OK, granted (though why do you need to reify it? Isnt referring to it 
good enough?). Both of these issues seem to be concerned with how to 
attach URIs to the somethings, which indeed is an issue that the 
RDF/OWL specs mostly do not address, I think because it was outside 
the charter of the relevant working groups. (OWL does talk some about 
giving URI names to OWL ontologies, but not in any detail, and not 
about any other kind of naming.)

>By now its well understood that RDF statement reification is a loser,
>because its chooses too small a grain size.

Well, I tend to agree, but that seems irrelevant to your concern, 
since RDF reification was only ever intended to reify RDF itself. I 
take it that you are interested in using RDF/OWL to give metadata for 
things other than RDF/OWL (?? Or are you just concerned with doing a 
better job than RDF reification for using RDF to describe other RDF?? 
If so, join the club :-)

>  The best remedy is to
>add contexts and quads to RDF.  If we did that, then (1) is taken
>care of.  However, that's a subject for a different e-mail.
>
>Here I'm really addressing the Bnode problem.
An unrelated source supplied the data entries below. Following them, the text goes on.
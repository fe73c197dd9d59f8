-- ===== src/Protocol/Messages/Kinds.antt =====
-- What `BasisSerialize` and `BasisDeserialize` are implemented for: the messages that can be followed by
-- other fields, and those that reach to the end of a packet.
pub mod RoundTrip
use basis_rust_server.Protocol.Io.{Read}
use basis_rust_server.Protocol.Io.Carries.{Write}
use basis_rust_server.Protocol.Messages.Players.{
  BytesMessage, serialize_bytes_message, deserialize_bytes_message, PlayerIdMessage,
  serialize_player_id_message, deserialize_player_id_message, ClientMetaDataMessage,
  serialize_client_meta_data_message, deserialize_client_meta_data_message,
  ClientAvatarChangeMessage, serialize_client_avatar_change_message,
  deserialize_client_avatar_change_message, ServerAvatarChangeMessage,
  serialize_server_avatar_change_message, deserialize_server_avatar_change_message,
  BasisAvatarCloneRequest, serialize_basis_avatar_clone_request,
  deserialize_basis_avatar_clone_request, BasisAvatarCloneResponse,
  serialize_basis_avatar_clone_response, deserialize_basis_avatar_clone_response,
  UshortUniqueIdMessage, serialize_ushort_unique_id_message, deserialize_ushort_unique_id_message,
  NetIdMessage, serialize_net_id_message, deserialize_net_id_message, ServerNetIdMessage,
  serialize_server_net_id_message, deserialize_server_net_id_message,
}
use basis_rust_server.Protocol.Messages.Objects.{
  LocalLoadResource, serialize_local_load_resource, deserialize_local_load_resource, UnloadResource,
  serialize_unload_resource, deserialize_unload_resource, PreloadReadyMessage,
  serialize_preload_ready_message, deserialize_preload_ready_message, SpawnPreloadedMessage,
  serialize_spawn_preloaded_message, deserialize_spawn_preloaded_message, OwnershipTransferMessage,
  serialize_ownership_transfer_message, deserialize_ownership_transfer_message, ServerLibraryItem,
  serialize_server_library_item, deserialize_server_library_item, ServerLibraryMessage,
  serialize_server_library_message, deserialize_server_library_message,
}
use basis_rust_server.Protocol.Messages.Admin.{
  ErrorMessage, serialize_error_message, deserialize_error_message, DataBaseRequest,
  serialize_data_base_request, deserialize_data_base_request, ConsoleData, serialize_console_data,
  deserialize_console_data, AvatarLoadDataMessage, serialize_avatar_load_data_message,
  deserialize_avatar_load_data_message, BasisP2PSignalMessage, serialize_p2p_signal_message,
  deserialize_p2p_signal_message, AdminRequest, serialize_admin_request, deserialize_admin_request,
}
use basis_rust_server.Protocol.Messages.Sharing.{
  ContentShareMessage, serialize_content_share_message, deserialize_content_share_message,
  ContentShareCleanupMessage, serialize_content_share_cleanup_message,
  deserialize_content_share_cleanup_message,
}
use basis_rust_server.Protocol.Messages.Cameras.{
  CameraPipStateMessage, serialize_camera_pip_state_message, deserialize_camera_pip_state_message,
  CameraPipPositionMessage, serialize_camera_pip_position_message,
  deserialize_camera_pip_position_message, CameraShutterSoundMessage,
  serialize_camera_shutter_sound_message, deserialize_camera_shutter_sound_message,
  CameraCountdownMessage, serialize_camera_countdown_message, deserialize_camera_countdown_message,
  ClientCameraCountdownMessage, serialize_client_camera_countdown_message,
  deserialize_client_camera_countdown_message,
}
use basis_rust_server.Protocol.Messages.Avatars.{
  AdditionalAvatarData, serialize_additional_avatar_data, deserialize_additional_avatar_data,
  LocalAvatarSyncMessage, serialize_local_avatar_sync_message,
  deserialize_local_avatar_sync_message, ReadyMessage, serialize_ready_message,
  deserialize_ready_message, ServerSideSyncPlayerMessage, serialize_server_side_sync_player_message,
  deserialize_server_side_sync_player_message,
}
use basis_rust_server.Protocol.Messages.Talk.{
  ChatMessage, serialize_chat_message, deserialize_chat_message, AudioSegmentDataMessage,
  serialize_audio_segment_data_message, deserialize_audio_segment_data_message,
  ServerAudioSegmentMessage, serialize_server_audio_segment_message,
  deserialize_server_audio_segment_message, AvatarDataMessage, serialize_avatar_data_message,
  deserialize_avatar_data_message, RemoteAvatarDataMessage, serialize_remote_avatar_data_message,
  deserialize_remote_avatar_data_message, SceneDataMessage, serialize_scene_data_message,
  deserialize_scene_data_message, RemoteSceneDataMessage, serialize_remote_scene_data_message,
  deserialize_remote_scene_data_message, ServerStatisticMessage, serialize_server_statistic_message,
  deserialize_server_statistic_message,
}
use basis_rust_server.Protocol.Did.{
  DidChallenge, serialize_did_challenge, deserialize_did_challenge, DidResponse,
  serialize_did_response, deserialize_did_response,
}

pub data Framed : Type 0 where
  bytes player_id client_meta_data client_avatar_change server_avatar_change avatar_clone_request
        avatar_clone_response ushort_unique_id local_load_resource unload_resource preload_ready
        spawn_preloaded ownership_transfer server_library_item server_library error
        data_base_request console_data avatar_load_data p2p_signal admin_request content_share
        content_share_cleanup camera_pip_state camera_pip_position camera_shutter_sound
        camera_countdown client_camera_countdown additional_avatar_data local_avatar_sync ready
        server_side_sync_player chat did_challenge did_response :
      Framed

abbrev pub Message : Framed → Type 0
Message bytes = BytesMessage
Message player_id = PlayerIdMessage
Message client_meta_data = ClientMetaDataMessage
Message client_avatar_change = ClientAvatarChangeMessage
Message server_avatar_change = ServerAvatarChangeMessage
Message avatar_clone_request = BasisAvatarCloneRequest
Message avatar_clone_response = BasisAvatarCloneResponse
Message ushort_unique_id = UshortUniqueIdMessage
Message local_load_resource = LocalLoadResource
Message unload_resource = UnloadResource
Message preload_ready = PreloadReadyMessage
Message spawn_preloaded = SpawnPreloadedMessage
Message ownership_transfer = OwnershipTransferMessage
Message server_library_item = ServerLibraryItem
Message server_library = ServerLibraryMessage
Message error = ErrorMessage
Message data_base_request = DataBaseRequest
Message console_data = ConsoleData
Message avatar_load_data = AvatarLoadDataMessage
Message p2p_signal = BasisP2PSignalMessage
Message admin_request = AdminRequest
Message content_share = ContentShareMessage
Message content_share_cleanup = ContentShareCleanupMessage
Message camera_pip_state = CameraPipStateMessage
Message camera_pip_position = CameraPipPositionMessage
Message camera_shutter_sound = CameraShutterSoundMessage
Message camera_countdown = CameraCountdownMessage
Message client_camera_countdown = ClientCameraCountdownMessage
Message additional_avatar_data = AdditionalAvatarData
Message local_avatar_sync = LocalAvatarSyncMessage
Message ready = ReadyMessage
Message server_side_sync_player = ServerSideSyncPlayerMessage
Message chat = ChatMessage
Message did_challenge = DidChallenge
Message did_response = DidResponse

unfoldable pub serialize_message : (k : Framed) → Message k → Write
serialize_message bytes = serialize_bytes_message
serialize_message player_id = serialize_player_id_message
serialize_message client_meta_data = serialize_client_meta_data_message
serialize_message client_avatar_change = serialize_client_avatar_change_message
serialize_message server_avatar_change = serialize_server_avatar_change_message
serialize_message avatar_clone_request = serialize_basis_avatar_clone_request
serialize_message avatar_clone_response = serialize_basis_avatar_clone_response
serialize_message ushort_unique_id = serialize_ushort_unique_id_message
serialize_message local_load_resource = serialize_local_load_resource
serialize_message unload_resource = serialize_unload_resource
serialize_message preload_ready = serialize_preload_ready_message
serialize_message spawn_preloaded = serialize_spawn_preloaded_message
serialize_message ownership_transfer = serialize_ownership_transfer_message
serialize_message server_library_item = serialize_server_library_item
serialize_message server_library = serialize_server_library_message
serialize_message error = serialize_error_message
serialize_message data_base_request = serialize_data_base_request
serialize_message console_data = serialize_console_data
serialize_message avatar_load_data = serialize_avatar_load_data_message
serialize_message p2p_signal = serialize_p2p_signal_message
serialize_message admin_request = serialize_admin_request
serialize_message content_share = serialize_content_share_message
serialize_message content_share_cleanup = serialize_content_share_cleanup_message
serialize_message camera_pip_state = serialize_camera_pip_state_message
serialize_message camera_pip_position = serialize_camera_pip_position_message
serialize_message camera_shutter_sound = serialize_camera_shutter_sound_message
serialize_message camera_countdown = serialize_camera_countdown_message
serialize_message client_camera_countdown = serialize_client_camera_countdown_message
serialize_message additional_avatar_data = serialize_additional_avatar_data
serialize_message local_avatar_sync = serialize_local_avatar_sync_message
serialize_message ready = serialize_ready_message
serialize_message server_side_sync_player = serialize_server_side_sync_player_message
serialize_message chat = serialize_chat_message
serialize_message did_challenge = serialize_did_challenge
serialize_message did_response = serialize_did_response

unfoldable pub deserialize_message : (k : Framed) → Read (Message k)
deserialize_message bytes = deserialize_bytes_message
deserialize_message player_id = deserialize_player_id_message
deserialize_message client_meta_data = deserialize_client_meta_data_message
deserialize_message client_avatar_change = deserialize_client_avatar_change_message
deserialize_message server_avatar_change = deserialize_server_avatar_change_message
deserialize_message avatar_clone_request = deserialize_basis_avatar_clone_request
deserialize_message avatar_clone_response = deserialize_basis_avatar_clone_response
deserialize_message ushort_unique_id = deserialize_ushort_unique_id_message
deserialize_message local_load_resource = deserialize_local_load_resource
deserialize_message unload_resource = deserialize_unload_resource
deserialize_message preload_ready = deserialize_preload_ready_message
deserialize_message spawn_preloaded = deserialize_spawn_preloaded_message
deserialize_message ownership_transfer = deserialize_ownership_transfer_message
deserialize_message server_library_item = deserialize_server_library_item
deserialize_message server_library = deserialize_server_library_message
deserialize_message error = deserialize_error_message
deserialize_message data_base_request = deserialize_data_base_request
deserialize_message console_data = deserialize_console_data
deserialize_message avatar_load_data = deserialize_avatar_load_data_message
deserialize_message p2p_signal = deserialize_p2p_signal_message
deserialize_message admin_request = deserialize_admin_request
deserialize_message content_share = deserialize_content_share_message
deserialize_message content_share_cleanup = deserialize_content_share_cleanup_message
deserialize_message camera_pip_state = deserialize_camera_pip_state_message
deserialize_message camera_pip_position = deserialize_camera_pip_position_message
deserialize_message camera_shutter_sound = deserialize_camera_shutter_sound_message
deserialize_message camera_countdown = deserialize_camera_countdown_message
deserialize_message client_camera_countdown = deserialize_client_camera_countdown_message
deserialize_message additional_avatar_data = deserialize_additional_avatar_data
deserialize_message local_avatar_sync = deserialize_local_avatar_sync_message
deserialize_message ready = deserialize_ready_message
deserialize_message server_side_sync_player = deserialize_server_side_sync_player_message
deserialize_message chat = deserialize_chat_message
deserialize_message did_challenge = deserialize_did_challenge
deserialize_message did_response = deserialize_did_response

pub data Closing : Type 0 where
  audio_segment_data server_audio_segment avatar_data remote_avatar_data scene_data
        remote_scene_data server_statistic net_id server_net_id :
      Closing

abbrev pub LastMessage : Closing → Type 0
LastMessage audio_segment_data = AudioSegmentDataMessage
LastMessage server_audio_segment = ServerAudioSegmentMessage
LastMessage avatar_data = AvatarDataMessage
LastMessage remote_avatar_data = RemoteAvatarDataMessage
LastMessage scene_data = SceneDataMessage
LastMessage remote_scene_data = RemoteSceneDataMessage
LastMessage server_statistic = ServerStatisticMessage
LastMessage net_id = NetIdMessage
LastMessage server_net_id = ServerNetIdMessage

unfoldable pub serialize_last_message : (k : Closing) → LastMessage k → Write
serialize_last_message audio_segment_data = serialize_audio_segment_data_message
serialize_last_message server_audio_segment = serialize_server_audio_segment_message
serialize_last_message avatar_data = serialize_avatar_data_message
serialize_last_message remote_avatar_data = serialize_remote_avatar_data_message
serialize_last_message scene_data = serialize_scene_data_message
serialize_last_message remote_scene_data = serialize_remote_scene_data_message
serialize_last_message server_statistic = serialize_server_statistic_message
serialize_last_message net_id = serialize_net_id_message
serialize_last_message server_net_id = serialize_server_net_id_message

unfoldable pub deserialize_last_message : (k : Closing) → Read (LastMessage k)
deserialize_last_message audio_segment_data = deserialize_audio_segment_data_message
deserialize_last_message server_audio_segment = deserialize_server_audio_segment_message
deserialize_last_message avatar_data = deserialize_avatar_data_message
deserialize_last_message remote_avatar_data = deserialize_remote_avatar_data_message
deserialize_last_message scene_data = deserialize_scene_data_message
deserialize_last_message remote_scene_data = deserialize_remote_scene_data_message
deserialize_last_message server_statistic = deserialize_server_statistic_message
deserialize_last_message net_id = deserialize_net_id_message
deserialize_last_message server_net_id = deserialize_server_net_id_message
Eh?? What bnode problem? (Did you just change the subject entirely, 
or is there a problem relating bnodes to URI attachment and 
reification?)

>The proper scope
>for a bnode is the model that it belongs too.

The graph it occurs in, yes.

>That means that
>to reference a resource/entity outside of the model, you need
>something other than a bnode

No, that does not follow at all. The bnode has a syntactic scope - it 
is essentially a bound variable -  but the entity or entities 
REFERRED TO by the bnode aren't scoped or limited in any way. Bnodes 
can refer to anything in the universe of discourse.

Did you mean that in order to provide a name for something that can 
be used outside the graph, you should not use a bnode as a 'label'? 
That would be correct, but I don't see why you call this a "problem". 
It seems kind of dumb on the face of it to use a blank node as a 
label. That isnt what blank nodes were ever intended to do.

>--you need a resource with a globally
>unique URI.

Right. But all URIs are globally unique, so you just need to have a 
URI attached to a resource.

>Its easy, but quite useless for annotation purposes, to use
>"gensym" URIs, where you generate a unique URI on the fly, because
>the next time you load the model, you get a different URI.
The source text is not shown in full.